Henning Bürger schnaubte. «Natürlich nicht, Susanne. Klaus hat mit Manfred gesprochen. Dessen Bruder kennt da so einen Typen aus dem Boxclub, und der hat zwei seiner Jungs losgeschickt.»
Susanne schüttelte den Kopf. «Das ist ja so dermaßen leicht zurückzuverfolgen. Dass du ein genauso miserabler Vater wie Ehemann bist, das wusste ich ja …»
«Susanne …», unterbrach sie Henning Bürger wutentbrannt, wurde aber mit einer einzigen, herrischen Geste zum Schweigen gebracht.

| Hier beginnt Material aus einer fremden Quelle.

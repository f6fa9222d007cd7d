-- ===== src/Emulator/Memory/Access.antt =====
-- Reads after writes in the memory of src/tools/hyppotest.c.
use mega65_core.Prelude.{
  ℕ, ◌<◌, ◌≡◌, ◌≢◌, ◌⊎◌, inl, inr, Bool, true, arith, ◌==◌, if◌then◌else◌, Bool-cases, ==_iff,
}
use mega65_core.Emulator.State.{Regs, Bus, Machine}
use mega65_core.Emulator.Memory.{
  Cell, cell_of, read_cell, read_memory28, DmaController, write_cell, write_mem28, c64_bank,
  is_mapped, map_address, addr_to_28bit,
}

-- A write that only stores: not to an unmapped address, not to the registers of the DMA controller,
-- and not the values that set the CPU speed at address 0.
abbrev pub IsPlain : Cell → ℕ → Type 0
IsPlain (Cell.hyppo i) v = Unit {0}
IsPlain (Cell.chip i) v = (i ≢ 0) ⊎ ((v ≢ 0x41) × (v ≢ 0x40))
IsPlain (Cell.colour i) v = Unit {0}
IsPlain (Cell.io i) v = (i ≢ 0x3700) × (i ≢ 0x3702) × (i ≢ 0x3705)
IsPlain Cell.unmapped v = ⊥

IsPlain-mapped : (c : Cell) (v : ℕ) → IsPlain c v → c ≢ Cell.unmapped
IsPlain-mapped c v h e = rw e at h

cell_of-injective :
    (a b : ℕ)
    → a < 0x1ffd0000
    → b < 0x1ffd0000
    → cell_of a ≡ cell_of b
    → cell_of a ≢ Cell.unmapped
    → a ≡ b
unfolding cell_of
cell_of-injective a b ha hb e p = ground arith

-- An address that reads and writes take to the same place, whatever the port holds: MAP covers it,
-- or it lies below the banked areas.
abbrev pub IsFlat : Regs → ℕ → Type 0
IsFlat r addr = (addr < 0x10000) × ((is_mapped r addr ≡ true) ⊎ (addr < 0xa000))

unfoldable pub flat_address : Regs → ℕ → ℕ
flat_address r addr = if is_mapped r addr then map_address r addr else addr

pub addr_to_28bit_flat :
    (r : Regs) (s : Bus) (addr : ℕ) (w : Bool)
    → IsFlat r addr
    → addr_to_28bit r s addr w ≡ (flat_address r addr, s)
unfolding addr_to_28bit c64_bank flat_address
addr_to_28bit_flat r s addr w h = ground arith

module _ ⦃dma : DmaController⦄ where
  pub write_cell_self :
      (c : Cell) (v : ℕ) (s : Bus) → IsPlain c v → read_cell (write_cell c v s) c ≡ v
  unfolding write_cell read_cell
  write_cell_self (Cell.hyppo i) v s h = ground arith
  write_cell_self (Cell.chip i) v s h = ground arith
  write_cell_self (Cell.colour i) v s h = ground arith
  write_cell_self (Cell.io i) v s h = ground arith
  write_cell_self Cell.unmapped v s h = absurd h

  pub write_cell_other :
      (c d : Cell) (v : ℕ) (s : Bus)
      → IsPlain c v
      → c ≢ d
      → read_cell (write_cell c v s) d ≡ read_cell s d
  unfolding write_cell read_cell
  write_cell_other (Cell.hyppo i) d v s h ne = ground arith
  write_cell_other (Cell.chip i) d v s h ne = ground arith
  write_cell_other (Cell.colour i) d v s h ne = ground arith
  write_cell_other (Cell.io i) d v s h ne = ground arith
  write_cell_other Cell.unmapped d v s h ne = absurd h

  pub read_memory28-write_cell :
      (a b v : ℕ) (s : Bus)
      → a < 0x1ffd0000
      → b < 0x1ffd0000
      → IsPlain (cell_of a) v
      → read_memory28 (write_cell (cell_of a) v s) b ≡ (if a == b then v else read_memory28 s b)
  unfolding read_memory28
  read_memory28-write_cell a b v s ha hb h = elim (Bool-cases (a == b)) [
    | inl same ↦ rw same (rw (← (==_iff a b).0 same) (write_cell_self (cell_of a) v s h))
    | inr other ↦ rw other (
        write_cell_other (cell_of a) (cell_of b) v s h
          (λ e. absurd (ground (arith, cell_of-injective a b ha hb e (IsPlain-mapped _ v h)))))
  ]

  -- After a write that only stores (`IsPlain`), its address reads as the value written, and every other address
  -- as before. The bound covers all addresses that `addr_to_28bit` returns for 16-bit ones.
  pub read_memory28-write_mem28 :
      (a b v : ℕ) (m : Machine)
      → a < 0x1ffd0000
      → b < 0x1ffd0000
      → IsPlain (cell_of a) v
      → read_memory28 (write_mem28 a v m).1.bus b ≡ (if a == b then v else read_memory28 m.bus b)
  unfolding write_mem28
  read_memory28-write_mem28 a b v m ha hb h = read_memory28-write_cell a b v m.bus ha hb h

«… das wusste ich ja», wiederholte sie mit ruhiger Stimme. «Aber dass du auch noch ein so miserabler Taktiker bist, das ist mir neu. Ich sehe schon die Schlagzeile: ‹Friedensikone Berlins übt blutige Selbstjustiz – Henning Bürger am Ende›.»
Henning Bürger setzte sich jetzt doch an seinen Schreibtisch und betrachtete das Chaos auf dem Fußboden. «Was aus mir würde, wäre dir doch völlig egal», sagte er leise. «Aber dass ich die Wahl vielleicht nicht gewinne, das lässt dein Ego nicht zu. Für dich ist doch die Hauptsache, dass du an die Macht kommst und deine Prada-Schuhe in der Yellow Press zeigen kannst.»
Susanne Bürger drehte sich pfeilschnell um und hob den Zeigefinger in Hennings Richtung. «Pass auf, was du sagst», zischte sie drohend.
Ihr Mann sprang auf, sein Kopf war plötzlich hochrot. «Nein, du passt jetzt mal auf», brüllte er, und nun war es ihm auch egal, ob seine Kinder oder Hilla im oberen Stockwerk seinen Ausbruch mitbekamen. «Wenn du hier nicht so ein Regiment der Kälte führen würdest, hätte ich mich doch gar nicht auf diesen ganzen Scheiß eingelassen. Dir ist es doch von Anfang an nur darum gegangen, einen Status zu erlangen. Du mit deinem Charity-Kram und deinem Sozial-Getue! In Wirklichkeit hast du überhaupt keine Haltung! Dir ist es noch nie um die Sache gegangen! Nur ums Image!